PediaBench: A Comprehensive Chinese Pediatric Dataset for Benchmarking Large Language Models

Qian Zhang,Panfeng Chen,Jiali Li,Linkun Feng,Shuyu Liu,Mei Chen,Hui Li,Yanhao Wang
2024-12-09
Abstract:The emergence of Large Language Models (LLMs) in the medical domain has stressed a compelling need for standard datasets to evaluate their question-answering (QA) performance. Although there have been several benchmark datasets for medical QA, they either cover common knowledge across different departments or are specific to another department rather than pediatrics. Moreover, some of them are limited to objective questions and do not measure the generation capacity of LLMs. Therefore, they cannot comprehensively assess the QA ability of LLMs in pediatrics. To fill this gap, we construct PediaBench, the first Chinese pediatric dataset for LLM evaluation. Specifically, it contains 4,565 objective questions and 1,632 subjective questions spanning 12 pediatric disease groups.
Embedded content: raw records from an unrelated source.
-- ===== src/Agent/Approval/Scanner/Batch.antt =====
-- What one batch of the expiry scanner does (app/services/agent_approval_service.py).
use test_platform_backend.Prelude.{
  Distinct, ℕ, ◌+◌, ◌≤◌, ◌≡◌, refl, inl, inr, true, false, Option, List, [], ◌∷◌, arith, All,
  Bool-cases, take, elem, length, length-take,
}
use test_platform_backend.Agent.Model.{AgentApproval}
use test_platform_backend.Agent.Approval.Desk.{Desk}
use test_platform_backend.Agent.Approval.Links.{IsLinked}
use test_platform_backend.Agent.Approval.History.{Reach-IsLinked, here, next, expiring}
use test_platform_backend.Agent.Approval.Scanner.{
  scan_due, expire_one, expire_due_summary, due_approvals, has_approval,
}

scan_due-counts :
    (now : ℕ) (rows : List AgentApproval) (seen : List ℕ) (desks : List Desk)
    → let s = (scan_due now rows seen desks).0 in
      (s.attempted + s.skipped_duplicates ≡ length rows) × (s.expired ≤ s.attempted)
unfolding scan_due
scan_due-counts now [] seen desks = (refl, omega arith)
scan_due-counts now (a ∷ rest) seen desks = ground (
  arith,
  scan_due-counts now rest seen desks,
  scan_due-counts now rest (a.approval_lineage_id ∷ seen) (expire_one now a.approval_id desks),
)

scan_due-unseen :
    (now : ℕ) (rows : List AgentApproval) (seen : List ℕ) (desks : List Desk) (x : ℕ)
    → elem x seen ≡ true
    → elem x (scan_due now rows seen desks).0.processed ≡ false
unfolding scan_due
scan_due-unseen now [] seen desks x h = refl
scan_due-unseen now (a ∷ rest) seen desks x h =
    let desks' = expire_one now a.approval_id desks in
    let go = scan_due-unseen now rest (a.approval_lineage_id ∷ seen) desks' x (ground arith) in
    let skip = scan_due-unseen now rest seen desks x h in
    elim (Bool-cases (elem a.approval_lineage_id seen)) [
      | inl old ↦ rw old skip
      | inr new ↦ rw new (ground arith)
    ]

scan_due-Distinct :
    (now : ℕ) (rows : List AgentApproval) (seen : List ℕ) (desks : List Desk)
    → Distinct (scan_due now rows seen desks).0.processed
unfolding scan_due
scan_due-Distinct now [] seen desks = tt
scan_due-Distinct now (a ∷ rest) seen desks =
    let desks' = expire_one now a.approval_id desks in
    let seen' = a.approval_lineage_id ∷ seen in
    elim (Bool-cases (elem a.approval_lineage_id seen)) [
      | inl old ↦ rw old (scan_due-Distinct now rest seen desks)
      | inr new ↦ rw new (
        scan_due-unseen now rest seen' desks' a.approval_lineage_id (ground arith),
        scan_due-Distinct now rest seen' desks',
      )
    ]

-- One batch expires each lineage at most once, looks at no more approvals than its limit, and
-- counts as expired no more than it attempted.
pub expire_due_summary-batch :
    (limit now : ℕ) (project : Option ℕ) (desks : List Desk)
    → let s = (expire_due_summary limit now project desks).0 in
      Distinct s.processed
      × (s.attempted + s.skipped_duplicates ≤ limit)
      × (s.expired ≤ s.attempted)
unfolding expire_due_summary
expire_due_summary-batch limit now project desks =
    let rows = take limit (due_approvals now project desks) in
    let (all_rows, expired) = scan_due-counts now rows [] desks in
    let size = length-take limit (due_approvals now project desks) in
    (scan_due-Distinct now rows [] desks, omega arith, expired)

expire_one-IsLinked :
    (now id : ℕ) (desks : List Desk) → All IsLinked desks → All IsLinked (expire_one now id desks)
unfolding expire_one
expire_one-IsLinked now id [] h = tt
expire_one-IsLinked now id (d ∷ rest) h =
    let others = expire_one-IsLinked now id rest h.1 in
    elim (Bool-cases (has_approval id d)) [
      | inl hit ↦ rw hit (Reach-IsLinked h.0 (next here (expiring now)), others)
      | inr miss ↦ rw miss (h.0, others)
    ]

scan_due-IsLinked :
    (now : ℕ) (rows : List AgentApproval) (seen : List ℕ) (desks : List Desk)
    → All IsLinked desks
    → All IsLinked (scan_due now rows seen desks).1
unfolding scan_due
scan_due-IsLinked now [] seen desks h = h
scan_due-IsLinked now (a ∷ rest) seen desks h =
    let desks' = expire_one now a.approval_id desks in
    let kept = expire_one-IsLinked now a.approval_id desks h in
    elim (Bool-cases (elem a.approval_lineage_id seen)) [
      | inl old ↦ rw old (scan_due-IsLinked now rest seen desks h)
      | inr new ↦ rw new (scan_due-IsLinked now rest (a.approval_lineage_id ∷ seen) desks' kept)
    ]

-- A batch keeps every lineage linked with its call and its approval.
pub expire_due_summary-IsLinked :
    (limit now : ℕ) (project : Option ℕ) (desks : List Desk)
    → All IsLinked desks
    → All IsLinked (expire_due_summary limit now project desks).1
unfolding expire_due_summary
expire_due_summary-IsLinked limit now project desks h =
    scan_due-IsLinked now (take limit (due_approvals now project desks)) [] desks h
It adopts an integrated scoring criterion based on different difficulty levels to thoroughly assess the proficiency of an LLM in instruction following, knowledge understanding, clinical case analysis, etc. Finally, we validate the effectiveness of PediaBench with extensive experiments on 20 open-source and commercial LLMs. Through an in-depth analysis of experimental results, we offer insights into the ability of LLMs to answer pediatric questions in the Chinese context, highlighting their limitations for further improvements. Our code and data are published at <a class="link-external link-https" href="https://github.com/ACMISLab/PediaBench" rel="external noopener nofollow">this https URL</a>.
Computation and Language
What problem does this paper attempt to address?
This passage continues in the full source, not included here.